Plantinga's science is generally secure, with the odd slip. It is not, for instance, that we aren't clever enough to predict how three or more bodies will behave. On the contrary, we are clever enough to see that no mathematical account can be given. These are minor problems. More troubling is the sense that naturalism is wrong because at some level science cannot offer a scientific account of why organisms are as they are. (He invokes Behe's "irreducible complexity".) Justifying God by finding gaps in science is a dangerous endeavour. Plantinga may be one of the biggest of big names in the philosophy of religion, but his book makes one wince surprisingly often.

Robert N. McCauley's book also wears its thesis on its sleeve: religion is natural, and science is not. Science may not be "natural", but that does not stop it from setting McCauley's terms. "Natural" is judged according to the perspective of evolutionary cognitive science. "Natural", in a good turn of phrase, means "ideas that human minds find good to think". The argument is marshalled around a handful of simple conjectures, such as the proposal that religion deals with meaning, while science can explain. An example of science's being good at explaining is that it can explain the origin of that very distinction.

Religion is natural, but that certainly does not mean "good" (other than it "sells well"). Nor does natural imply "true". Religion is probably no more than the side-effect of mental functions (or "modules") that are (otherwise) useful for survival, such as recognising people or agency. Religion may be to human beings like the eye-tongue reflex of a frog, which will whip out its tongue towards a ball-bearing, and catch and swallow it, if one is fired across its visual field, as a consequence of having good reflexes for snatching flies when they do the same.

Religion is natural because it taps into some of the basic aptitudes and tendencies that develop in all well-adjusted people, such as perceptions of agency and the idea of contamination. These are so basic that religion need fear little or nothing from atheist detractors: religion is here to stay.

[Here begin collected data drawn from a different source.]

-- ===== src/Prelude/Results.antt =====
-- Errors as values. `code` is an `AppError` with its code (common/errors/app-error.ts), `failure`
-- a plain `throw new Error(…)`.
use mathlib.Core.Path.{◌≡◌}

pub data ErrorCode : Type 0 where
  validation_error not_found conflict forbidden no_open_cash_session cash_register_busy : ErrorCode
  user_has_open_session cash_session_has_pending_operations cash_session_closed : ErrorCode
  movement_already_reversed membership_overlap membership_not_active : ErrorCode
  idempotency_key_required idempotency_key_reused idempotency_in_progress : ErrorCode

pub data Error : Type 0 where
  code : ErrorCode → Error
  failure : Error

-- What a call returns, or the error that it throws.
pub data Result {κ} (B : Type κ) : Type κ where
  ok : B → Result B
  err : Error → Result B

infixl 5 ◌>>=◌
abbrev pub ◌>>=◌ {κ ι} : {B : Type κ} {C : Type ι} → Result B → (B → Result C) → Result C
◌>>=◌ r next = elim r [ err e ↦ err e | ok b ↦ next b ]

pub eq_of_ok {κ} : {B : Type κ} {a b : B} → ok a ≡ ok b → a ≡ b
eq_of_ok e = cc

Note that religion is here to stay, as a perennial demotic urge. The same cannot necessarily be said for theology. Theology is like religion in dealing with life-derived concepts, but rather like science in thinking about them in "unnatural" ways, which is to say, ways that are abstract, counter-intuitive, and technically hard work. The problem with this analysis is that it reduces religion to one thing, independent of any tradition. It also ignores the extent to which Christian theology, for instance, developed out of a concern to make sense of Christian experience, or the extent to which even practical responses to practical matters can be shaped by a specific theological world-view.

As an example, McCauley thinks that we can explain the growth of the Early Church on account of its "benign" treatment of women and the sick. But if early Christians were bucking a trend in that regard, why were they doing so? The behaviour of those ordinary Christians was shaped by the theology that McCauley takes to be the abstract preserve of the intellectual few: the sort who can think thoughts that don't come naturally. In this, and in his treatment of science, he short-changes the masses.

Religion is safe, theology is perhaps a little precarious, but science is under threat. The final chapter is an unexpected warning that science has so little conceptual purchase on the brain that ideologies and economic disasters can sweep it aside. The warning is welcome, but perhaps overdone. Human beings ask those bigger questions a little more naturally than McCauley suggests, questions that we need both science and theology to address.

The Revd Dr Andrew Davison is Tutor in Doctrine at Westcott House, Cambridge.